While Donald Trump’s behavior regarding god, religion and love is laughable, his commitment to his fourth favorite word — tariffs — is not.
He has stated that trade deficits can be rebalanced by using tariffs to make imported products more expensive for U.S. consumers. Trade deficits occur when we buy more than we sell to a country. They sound bad, but they are neither good nor bad.

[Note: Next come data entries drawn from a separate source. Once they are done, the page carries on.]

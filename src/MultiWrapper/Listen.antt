-- ===== src/MultiWrapper/Listen.antt =====
-- merge-listener-wrapper.go, `listen`: one goroutine for each listener, all of them sending to one
-- channel that the merged listener reads.
use mathlib.Core.Path.{subst}
use point_c.Base.{
  ℕ, ◌+◌, ◌≡◌, refl, sym, Option, none, some, List, [], ◌∷◌, ◌++◌, GoError, arith, ◌==◌,
  if◌then◌else◌,
}
use point_c.MultiWrapper.{ListenerId}

-- Where the goroutine of a listener stands: in `ls.Accept()`, in the select with a connection, or
-- returned.
pub data Worker : Type 0 where
  accepting : ListenerId → Worker
  holding : ListenerId → ℕ → Worker
  finished : Worker

-- The merged listener's error, once it is closed; the connections that its `Accept` received; those
-- that were closed unseen; and, for the statements only, those that the listeners accepted.
pub record Shared : Type 0 where
  pub close_err : Option GoError
  pub delivered : List ℕ
  pub dropped : List ℕ
  pub accepted : List ℕ

-- What lets a goroutine go on: its listener returns a connection or an error; or the select takes
-- the closed `done`, or a receiver on `conns`.
pub data Event : Type 0 where
  accepts : ℕ → Event
  fails : GoError → Event
  done_ready : Event
  conn_received : Event

-- `finish(err)`, which is `CloseWithErr`: the first error stays.
finish : Shared → GoError → Shared
finish s e = elim s.close_err [ none ↦ record s { close_err = some e } | some _ ↦ s ]

-- `case <-done`: the connection is closed and ignored.
drop_conn : Shared → ListenerId → ℕ → Shared × Worker
drop_conn s ls c = elim s.close_err [
  | none ↦ (s, holding ls c)
  | some _ ↦ (record s { dropped = c ∷ s.dropped }, accepting ls)
]

-- One step of `listen`; an event that the goroutine does not wait for, or that is not ready,
-- changes nothing.
unfoldable pub listen_step : Event → Shared → Worker → Shared × Worker
unfolding finish drop_conn
listen_step (accepts c) s (accepting ls) = (record s { accepted = c ∷ s.accepted }, holding ls c)
listen_step (fails e) s (accepting ls) = (finish s e, finished)
listen_step done_ready s (holding ls c) = drop_conn s ls c
listen_step conn_received s (holding ls c) =
    (record s { delivered = c ∷ s.delivered }, accepting ls)
listen_step _ s w = (s, w)

pub record System : Type 0 where
  pub shared : Shared
  pub workers : List Worker

-- One goroutine makes a step.
pub data Step (s : System) (s' : System) : Type 0 where
  run :
      (ev : Event) (before after : List Worker) (w : Worker)
      → s.workers ≡ before ++ w ∷ after
      → s' ≡ record {
        shared = (listen_step ev s.shared w).0;
        workers = before ++ (listen_step ev s.shared w).1 ∷ after;
      }
      → Step s s'

pub data Reach (s : System) : System → Type 0 where
  here : Reach s s
  next : {t u : System} → Reach s t → Step t u → Reach s u

abbrev started : List ListenerId → List Worker
started [] = []
started (l ∷ ls) = accepting l ∷ started ls

-- `WrapListener` behind the start of its goroutines.
abbrev pub initial : List ListenerId → System
initial ls = record {
  shared = record { close_err = none; delivered = []; dropped = []; accepted = [] };
  workers = started ls;
}

-- How often a connection occurs.
abbrev pub count : ℕ → List ℕ → ℕ
count a [] = 0
count a (c ∷ cs) = (if c == a then 1 else 0) + count a cs

abbrev holds : ℕ → Worker → ℕ
holds a (holding ls c) = if c == a then 1 else 0
holds a _ = 0

abbrev pub held : ℕ → List Worker → ℕ
held a [] = 0
held a (w ∷ ws) = holds a w + held a ws

held-append : (a : ℕ) (xs ys : List Worker) → held a (xs ++ ys) ≡ held a xs + held a ys
held-append a [] ys = omega arith
held-append a (w ∷ xs) ys = omega (arith, held-append a xs ys)

-- Nothing is dropped, and no goroutine has returned, before the merged listener is closed.
abbrev IsOpen : Option GoError → List ℕ → Type 0
IsOpen none dropped = dropped ≡ []
IsOpen (some e) dropped = Unit {0}

step_count :
    (ev : Event) (s : Shared) (w : Worker) (a rest : ℕ)
    → count a s.accepted ≡ count a s.delivered + count a s.dropped + (rest + holds a w)
    → let s' = (listen_step ev s w).0 in
      let w' = (listen_step ev s w).1 in
      count a s'.accepted ≡ count a s'.delivered + count a s'.dropped + (rest + holds a w')
unfolding listen_step
step_count (accepts c) s (accepting ls) a rest h = ground arith
step_count (accepts c) s (holding ls x) a rest h = h
step_count (accepts c) s finished a rest h = h
step_count (fails e) s (accepting ls) a rest h = ground arith
step_count (fails e) s (holding ls x) a rest h = h
step_count (fails e) s finished a rest h = h
step_count done_ready s (accepting ls) a rest h = h
step_count done_ready s (holding ls x) a rest h = ground arith
step_count done_ready s finished a rest h = h
step_count conn_received s (accepting ls) a rest h = h
step_count conn_received s (holding ls x) a rest h = ground arith
step_count conn_received s finished a rest h = h

step-IsOpen :
    (ev : Event) (s : Shared) (w : Worker)
    → IsOpen s.close_err s.dropped
    → IsOpen (listen_step ev s w).0.close_err (listen_step ev s w).0.dropped
unfolding listen_step
step-IsOpen (accepts c) s (accepting ls) h = h
step-IsOpen (accepts c) s (holding ls x) h = h
step-IsOpen (accepts c) s finished h = h
step-IsOpen (fails e) s (accepting ls) h = ground arith
step-IsOpen (fails e) s (holding ls x) h = h
step-IsOpen (fails e) s finished h = h
step-IsOpen done_ready s (accepting ls) h = h
step-IsOpen done_ready s (holding ls x) h = ground arith
step-IsOpen done_ready s finished h = h
step-IsOpen conn_received s (accepting ls) h = h
step-IsOpen conn_received s (holding ls x) h = h
step-IsOpen conn_received s finished h = h

-- Every connection that a listener accepted was delivered, was closed, or is held by a goroutine,
-- as often as it was accepted; nothing is closed before the merged listener is.
pub record IsConserving (s : System) : Type 0 where
  pub balance :
      (a : ℕ)
      → count a s.shared.accepted
        ≡ count a s.shared.delivered + count a s.shared.dropped + held a s.workers
  pub keeps_open : IsOpen s.shared.close_err s.shared.dropped

run-IsConserving :
    (ev : Event) (s : Shared) (before after : List Worker) (w : Worker)
    → IsConserving (record { shared = s; workers = before ++ w ∷ after })
    → IsConserving (record {
      shared = (listen_step ev s w).0;
      workers = before ++ (listen_step ev s w).1 ∷ after;
    })
run-IsConserving ev s before after w v = record {
  balance = λ a.
      let w' = (listen_step ev s w).1 in
      omega (
        arith,
        v.balance a,
        held-append a before (w ∷ after),
        held-append a before (w' ∷ after),
        step_count ev s w a (held a before + held a after)
            (omega (arith, v.balance a, held-append a before (w ∷ after))),
      );
  keeps_open = step-IsOpen ev s w v.keeps_open;
}

Step-IsConserving : (s s' : System) → Step s s' → IsConserving s → IsConserving s'
Step-IsConserving s s' (run ev before after w e e') v = subst IsConserving (sym e') (
    run-IsConserving ev s.shared before after w
      (subst IsConserving (λ i. record { shared = s.shared; workers = e i }) v))

held-started : (a : ℕ) (ls : List ListenerId) → held a (started ls) ≡ 0
held-started a [] = refl
held-started a (l ∷ ls) = omega (arith, held-started a ls)

-- Whatever the listeners return and in whatever order the goroutines run, no connection is lost or
-- delivered twice, and none is closed while the merged listener is open.
pub Reach-IsConserving : (ls : List ListenerId) (s : System) → Reach (initial ls) s → IsConserving s
Reach-IsConserving ls s here = record {
  balance = λ a. omega (arith, held-started a ls);
  keeps_open = refl;
}
Reach-IsConserving ls s (next {t} r st) = Step-IsConserving t s st (Reach-IsConserving ls t r)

The United States has the strongest economy by GDP, the strongest consumer market, the dollar as a reserve currency (most worldwide transactions are conducted in dollars), high liquidity, technology and innovation, in addition to the rule of law. Thus, almost all countries want to sell in the U.S. market
In an article published last week, Boston University economics professor Tarek Alexander Hassan writes, “America is getting more cheap goods and in return it is giving foreigners financial assets: dollars issued by the federal reserve, bonds from the U.S. government and American corporations, and stocks from newly created firms.”
A country can have a trade deficit only if it has an equally sized investment surplus. We are able to sustain a large trade deficit because so many countries are eager to invest here, which, in turn, allows U.S. households to consume more.
“Tariffs do nothing to reduce the foreign demand for U.S. dollars, stocks and bonds,” Mr. Hassan noted. “If the investment surplus doesn’t change, the trade deficit cannot change. Instead the U.S. dollar just appreciates, so imports get cheaper, undoing the effect of the tariff. You can’t have an investment surplus and a trade surplus at the same time.”
Seemingly, Mr. Trump views American economic strength as a weakness. Reducing the trade deficit should be done by reducing the budget deficit, which will lower interest rates and therefore make investing here less attractive to foreign investors. Erratic foreign policies and extreme tariffs will likely scare off foreign investors, eroding the country’s economic dominance.